In the middle of one afternoon my phone rang with Baggo’s tone – a short clip of one of his band’s songs he’d insisted on putting on my phone as his ringtone. Most of my ringtones were put on by other people; I couldn’t be arsed to change the default.
‘Bags! Where are you?’
There was silence for a while, then some sounds I couldn’t decipher, then Baggo’s voice, coming as if from a long way away. Which it quite possibly was.
He sounded so … unsure. Baggo was big on self-confidence, and this small, tremulous voice, well I only recognised it because it was his ringtone and his picture on my screen.
‘Yeah. What’s up, mate?’
‘I’ve fucked up. Big time.’
I sighed, to myself. This felt like a conversation from a long time ago, even though I had no idea, as yet, in what way Bags might have fucked up.
‘Jen. She’s gone. Taken Daisy.’
‘Shit. Bags, where exactly are you?’
‘I’ve just got home. All their stuff, it’s gone. I didn’t think she meant it, I thought she was just trying to get me to change my mind, I can’t believe she’s really done it …’
Baggo’s voice trailed off. I knew what I had to do.
‘I’m coming over.’
‘No, mate, you don’t have –’
‘See you in fifteen.’
Baggo and Jen’s flat was across the city, on an ex-council estate. The neighbourhood was friendly, but rough and ready. I was conscious of people openly watching as I got out of my BMW four wheel drive; I convinced myself they were being neighbourly, and that I wouldn’t come back to find my wheels removed. It had never happened before, no reason apart from prejudice to think it might happen this time.
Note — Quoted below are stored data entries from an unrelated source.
-- ===== src/Fesl/Associations/Owner.antt =====
-- server/fesl/associations.go: whose friend lists the handlers change.
use medge_net.Prelude.{
  ℕ, zero, suc, ◌≡◌, ◌≢◌, refl, Bool, true, false, not, List, [], ◌∷◌, ◌++◌, Bytes, inl, inr,
  Bool-cases, arith,
}
use medge_net.Prelude.Int.{ℤ, pos, ◌==ℤ◌, ==ℤ_refl}
use medge_net.Env.{Env}
use medge_net.Exec.{Outcome, ok, err, panic, Run, pure, ◌>>=◌, ◌>>◌, continue}
use medge_net.Exec.Keeps.{Keeps, keeps_rules, Keeps-pure, Keeps-bind, bind-weaken}
use medge_net.Packet.{Packet, Params}
use medge_net.Store.{Friend, Store, find, select, is_some}
use medge_net.Store.Keys.{select-select, select-snoc}
use medge_net.Store.Accounts.{has_nuid, insert_account, set_password}
use medge_net.Store.Tokens.{has_hash, insert_token, delete_tokens, touch_token}
use medge_net.Store.Personas.{has_name, persona_exists, insert_persona}
use medge_net.Store.Calls
use medge_net.Store.Calls.{Kept}
use medge_net.Store.Friends.{
  insert_friend, delete_friend, add_association, delete_association, is_row,
}
use medge_net.Float.{is_nan}
use medge_net.Store.Stats.{upsert_stat}
use medge_net.Store.Rules.{Keeps-stmt}
use medge_net.Fesl.Session.{World, on_store, current}
use medge_net.Fesl.Associations.{
  AssociationRequest, Verdict, allowed, refused, Mutation, Progress, check_exists,
  validate_association_request, adding, deleting, mutate_if_allowed, handle_request, request_loop,
  handle_add_associations, handle_delete_associations, association_mutation_response,
}
use medge_net.Fesl.Associations.Keeps.{association_mutation_response-Keeps}
use medge_net.Fesl.Associations.Guard.{validate_association_request-IsAllowed}

-- The rows of the lists of all personas but one.
unfoldable pub others : ℤ → List Friend → List Friend
others me = select (λ f. not (f.persona_id ==ℤ me))

-- A property of the friend lists alone: no statement on another table matters.
Kept-friends {κ} : (env : Env) (R : List Friend → Type κ) → Kept env (λ s. R s.friends)
unfolding insert_account set_password insert_token delete_tokens touch_token insert_persona
    upsert_stat
Kept-friends env R = record {
  free = λ s n h. h;
  insert_account = λ nuid password. record {
    at = λ s h. elim (Bool-cases (is_some (find (has_nuid nuid) s.accounts))) [
      | inl e ↦ rw e h
      | inr e ↦ rw e h
    ];
  };
  set_password = λ id password. record { at = λ s h. h };
  insert_token = λ hash id. record {
    at = λ s h. elim (Bool-cases (is_some (find (has_hash hash) s.login_tokens))) [
      | inl e ↦ rw e h
      | inr e ↦ rw e h
    ];
  };
  delete_tokens = λ id. record { at = λ s h. h };
  touch_token = λ hash. record { at = λ s h. h };
  insert_persona = λ id name. record {
    at = λ s h. elim (Bool-cases (is_some (find (has_name name) s.personas))) [
      | inl e ↦ rw e h
      | inr e ↦ rw e h
    ];
  };
  upsert_stat = λ id key value period_id. record {
    at = λ s h. elim (Bool-cases (is_nan value)) [ inl e ↦ rw e h | inr e ↦ rw e h ];
  };
}

-- The session's persona is `me`, and the friend lists of the others are `rows`.
abbrev Guarded : ℤ → List Friend → World → Type 0
Guarded me rows w = (w.session.persona_id ≡ me) × (others me w.store.friends ≡ rows)

module _ (env : Env) (me : ℤ) (rows : List Friend) where
  kept : Kept env (λ s. others me s.friends ≡ rows)
  kept = Kept-friends env (λ fs. others me fs ≡ rows)

  others-snoc :
      (friend_id : ℤ) (typ : Bytes) (fs : List Friend)
      → others me (fs ++ record { persona_id = me; friend_persona_id = friend_id; typ = typ } ∷ [])
        ≡ others me fs
  unfolding others
  others-snoc friend_id typ fs = select-snoc _ _ fs (rw (==ℤ_refl me))

  insert_lem :
      (friend_id : ℤ) (typ : Bytes)
      → Keeps (λ s. others me s.friends ≡ rows) (insert_friend me friend_id typ)
  unfolding insert_friend others
  insert_lem friend_id typ = record {
    at = λ s h. elim (Bool-cases (is_some (find (is_row me friend_id typ) s.friends))) [
      | inl e ↦ rw e h
      | inr e ↦ rw (e, others-snoc friend_id typ s.friends) h
    ];
  }

  delete_lem :
      (friend_id : ℤ) (typ : Bytes)
      → Keeps (λ s. others me s.friends ≡ rows) (delete_friend me friend_id typ)
  unfolding delete_friend others
  delete_lem friend_id typ = record {
    at = λ s h.
        rw
          (select-select (λ (f : Friend). not (f.persona_id ==ℤ me))
            (λ f. not (is_row me friend_id typ f)) s.friends (λ f e. ground arith))
          h;
  }

  Keeps-on_store {ℓ} :
      {A : Type ℓ} (m : Run Store A)
      → Keeps (λ s. others me s.friends ≡ rows) m
      → Keeps (Guarded me rows) (on_store m)
  unfolding on_store
  Keeps-on_store m h = record { at = λ w q. (q.0, h.at w.store q.1) }

  Keeps-current : Keeps (Guarded me rows) current
  unfolding current
  Keeps-current = record { at = λ w h. h }

  persona_exists_lem : (id : ℤ) → Keeps (Guarded me rows) (on_store (persona_exists env id))
  persona_exists_lem id = Keeps-on_store _ (Calls.persona_exists-Keeps env kept id)

  check_exists_lem : (req : AssociationRequest) → Keeps (Guarded me rows) (check_exists env req)
  unfolding check_exists
  check_exists_lem req = search (keeps_rules, persona_exists_lem) depth 8

  validate_lem :
      (req : AssociationRequest) (reject_self : Bool)
      → Keeps (Guarded me rows) (validate_association_request env req reject_self)
  unfolding validate_association_request
  validate_lem req reject_self = search (keeps_rules, Keeps-current, check_exists_lem) depth 12

  adding_lem :
      (typ : Bytes) (req : AssociationRequest)
      → req.owner_id ≡ me
      → Keeps (Guarded me rows) (adding env typ req)
  unfolding adding add_association
  adding_lem typ req e = rw e (
      Keeps-bind _ _ (Keeps-on_store _ (Keeps-stmt env _ kept.free (insert_lem req.member_id typ)))
        (λ _. Keeps-pure _))

  deleting_lem :
      (typ : Bytes) (req : AssociationRequest)
      → req.owner_id ≡ me
      → Keeps (Guarded me rows) (deleting env typ req)
  unfolding deleting delete_association
  deleting_lem typ req e =
      rw e (Keeps-on_store _ (Keeps-stmt env _ kept.free (delete_lem req.member_id typ)))

  -- The owner of a request that is let through is the logged-in persona.
  module _ (logged_in : me ≢ pos 0) (mutation : Mutation)
      (km : (req : AssociationRequest)
        → req.owner_id ≡ me
        → Keeps (Guarded me rows) (mutation req)) where
    continue_lem :
        (req : AssociationRequest) (reject_self : Bool) (r : Outcome Verdict) (w w' : World)
        → (validate_association_request env req reject_self w).0 ≡ r
        → Guarded me rows w
        → Guarded me rows w'
        → Guarded me rows (continue r (λ v. mutate_if_allowed env mutation req v >> pure v) w').1
    unfolding mutate_if_allowed
    continue_lem req reject_self (ok allowed) w w' e h h' =
        let valid = validate_association_request-IsAllowed env req reject_self w e in
        let own = rw h.0 at (valid.own (rw h.0 logged_in)) in
        (Keeps-bind _ _ (km req own) (λ _. Keeps-pure allowed)).at w' h'
    continue_lem req reject_self (ok (refused reason)) w w' e h h' =
        (Keeps-bind {P = Guarded me rows} _ _ (Keeps-pure (tt {0}))
            (λ _. Keeps-pure (refused reason))).at
          w' h'
    continue_lem req reject_self (err _) w w' e h h' = h'
    continue_lem req reject_self panic w w' e h h' = h'

    handle_request_lem :
        (reject_self : Bool) (req : AssociationRequest)
        → Keeps (Guarded me rows) (handle_request env mutation reject_self req)
    unfolding handle_request ◌>>=◌
    handle_request_lem reject_self req = record {
      at = λ w h. continue_lem req reject_self _ w _ refl h ((validate_lem req reject_self).at w h);
    }

    request_loop_lem :
        (reject_self : Bool) (prefix : Bytes) (p : Params) (left i : ℕ) (pr : Progress)
        → Keeps (Guarded me rows) (request_loop env mutation reject_self prefix p left i pr)
    unfolding request_loop
    request_loop_lem reject_self prefix p zero i pr = search keeps_rules
    request_loop_lem reject_self prefix p (suc left) i pr =
        search (
          keeps_rules,
          Keeps-current,
          handle_request_lem,
          request_loop_lem reject_self prefix p left,
        )

  response_lem :
      (pkt : Packet) (txn prefix : Bytes) (p : Params) (typ : Bytes) (pr : Progress)
      → Keeps
          (λ w. others me w.store.friends ≡ rows)
          (association_mutation_response env pkt txn prefix p typ pr)
  response_lem = association_mutation_response-Keeps env kept

-- Once a persona is logged in, AddAssociations changes no friend list but its own, whatever owners
-- the requests name and whatever statements fail.
pub handle_add_associations-others :
    (env : Env) (pkt : Packet) (w : World)
    → w.session.persona_id ≢ pos 0
    → others w.session.persona_id (handle_add_associations env pkt w).1.store.friends
      ≡ others w.session.persona_id w.store.friends
unfolding handle_add_associations
handle_add_associations-others env pkt w logged_in =
    let me = w.session.persona_id in
    let rows = others me w.store.friends in
    bind-weaken _ _
      (request_loop_lem env me rows logged_in _ (adding_lem env me rows _) true _ _ _ 0 _)
      (λ w' h. h.1) (response_lem env me rows pkt _ _ _ _) w (refl, refl)

-- Once a persona is logged in, DeleteAssociations changes no friend list but its own, whatever owners
-- the requests name and whatever statements fail.
pub handle_delete_associations-others :
    (env : Env) (pkt : Packet) (w : World)
    → w.session.persona_id ≢ pos 0
    → others w.session.persona_id (handle_delete_associations env pkt w).1.store.friends
      ≡ others w.session.persona_id w.store.friends
unfolding handle_delete_associations
handle_delete_associations-others env pkt w logged_in =
    let me = w.session.persona_id in
    let rows = others me w.store.friends in
    bind-weaken _ _
      (request_loop_lem env me rows logged_in _ (deleting_lem env me rows _) false _ _ _ 0 _)
      (λ w' h. h.1) (response_lem env me rows pkt _ _ _ _) w (refl, refl)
I rang Baggo’s doorbell, and waited for a long time. I rang it again, then again, then leaned on it for a long time, until I heard footsteps coming down the stairs. The lock went and the door opened, revealing a pale-faced, red-eyed Baggo who wouldn’t look at me.
‘Ah mate, I’ve brought beer.’
I lifted the six-pack I’d grabbed from the fridge so he could see it. Worryingly, this didn’t seem to perk Baggo up in the slightest; he just turned and walked up the stairs, leaving me to shut the door behind me.
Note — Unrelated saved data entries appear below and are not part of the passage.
-- ===== src/Fesl/Validate.antt =====
-- server/fesl/server.go: the checks on names and passwords that a client sends.
pub mod Accepts
use medge_net.Prelude.{
  ℕ, Bool, true, false, ◌&&◌, ◌||◌, not, List, [], ◌∷◌, Bytes, length, ltb, leb, ◌==◌,
  if◌then◌else◌,
}
use medge_net.Prelude.Int.{ℤ, pos, negsuc}
use medge_net.Text.{is_empty}
use medge_net.Text.Runes.{runes, trim_space}

-- The reason that a check returns; `none` is the empty string, which accepts.
pub data Reason : Type 0 where
  accepted empty too_long invalid_character path_separator unsafe_character : Reason

abbrev pub max_password_bytes : ℕ
max_password_bytes = 256

-- `a > b` where `a` is a length and `b` a Go `int`.
abbrev pub exceeds : ℕ → ℤ → Bool
exceeds n (pos m) = ltb m n
exceeds n (negsuc m) = true

abbrev pub is_positive : ℤ → Bool
is_positive (pos m) = ltb 0 m
is_positive (negsuc m) = false

line_runes : Bool → List ℕ → Reason
line_runes reject_separators [] = accepted
line_runes reject_separators (r ∷ rs) =
    if ltb r 0x20 || r == 0x7f || r == b'='
    then invalid_character
    else if reject_separators && (r == b'/' || r == b'\\')
    then path_separator
    else line_runes reject_separators rs

pub validate_line_identifier : Bytes → ℤ → Bool → Reason
unfolding line_runes
validate_line_identifier value max_len reject_separators =
    if is_empty value || is_empty (trim_space value)
    then empty
    else if is_positive max_len && exceeds (length value) max_len
    then too_long
    else line_runes reject_separators (runes value)

unfoldable pub validate_account_nuid : Bytes → ℤ → Reason
unfolding validate_line_identifier
validate_account_nuid value max_len = validate_line_identifier value max_len false

between : ℕ → ℕ → ℕ → Bool
between lo hi r = leb lo r && leb r hi

-- The condition inside the loop of `validatePersonaName`.
unfoldable pub unsafe : ℕ → Bool
unfolding between
unsafe r =
    not (between b'A' b'Z' r)
    && not (between b'a' b'z' r)
    && not (between b'0' b'9' r)
    && not (r == b'_')
    && not (r == b'.')
    && not (r == b'-')
    && not (r == b' ')

persona_runes : List ℕ → Reason
persona_runes [] = accepted
persona_runes (r ∷ rs) = if unsafe r then unsafe_character else persona_runes rs

abbrev pub is_accepted : Reason → Bool
is_accepted accepted = true
is_accepted _ = false

unfoldable pub validate_persona_name : Bytes → ℤ → Reason
unfolding validate_line_identifier persona_runes unsafe
validate_persona_name value max_len =
    let reason = validate_line_identifier value max_len true in
    if not (is_accepted reason) then reason else persona_runes (runes value)

password_runes : List ℕ → Reason
password_runes [] = accepted
password_runes (r ∷ rs) =
    if r == 0 || r == b'\r' || r == b'\n' then invalid_character else password_runes rs

unfoldable pub validate_account_password : Bytes → Reason
unfolding password_runes
validate_account_password value =
    if is_empty value
    then empty
    else if ltb max_password_bytes (length value)
    then too_long
    else password_runes (runes value)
I followed Baggo into the living room. Their flat was never tidy; having a young child in a small flat meant too much stuff and not enough space. But all the toys and piles of laundry had gone; there were no photos of Daisy, only squares of unfaded wall where they had been; the only coats on the hooks by the door were Baggo’s duffle coat (winter) and denim jacket (summer). It was like a different place, like some kind of personality had left it.
‘Baggo, what’s happened?’
‘I can kind of see that. Shit. Here, have one of these.’
I held out the bottles to Bags, but he shook his head.
‘Mate, you’re fucking freaking me out. What’s happened? When did you get back?’
Judging by the huge rucksack and pile of various mic stands and leads, he hadn’t been back long.
‘About an hour ago. Here.’
He handed me a note, in Jen’s handwriting.
In case you haven’t noticed, and I wonder if you will, Daisy and I have gone. I don’t know if you will have any idea why, because you haven’t been listening to me for the last I don’t know how long, so I will say it clearly.
I begged you not to go to Europe. You ignored me. You said it would be good for us to do our own thing. What that meant was it would be good for you to do your own thing, and that you didn’t really care what I might think about being left on my own with our daughter to arrange childcare while I went out to work to make sure neither of us starved.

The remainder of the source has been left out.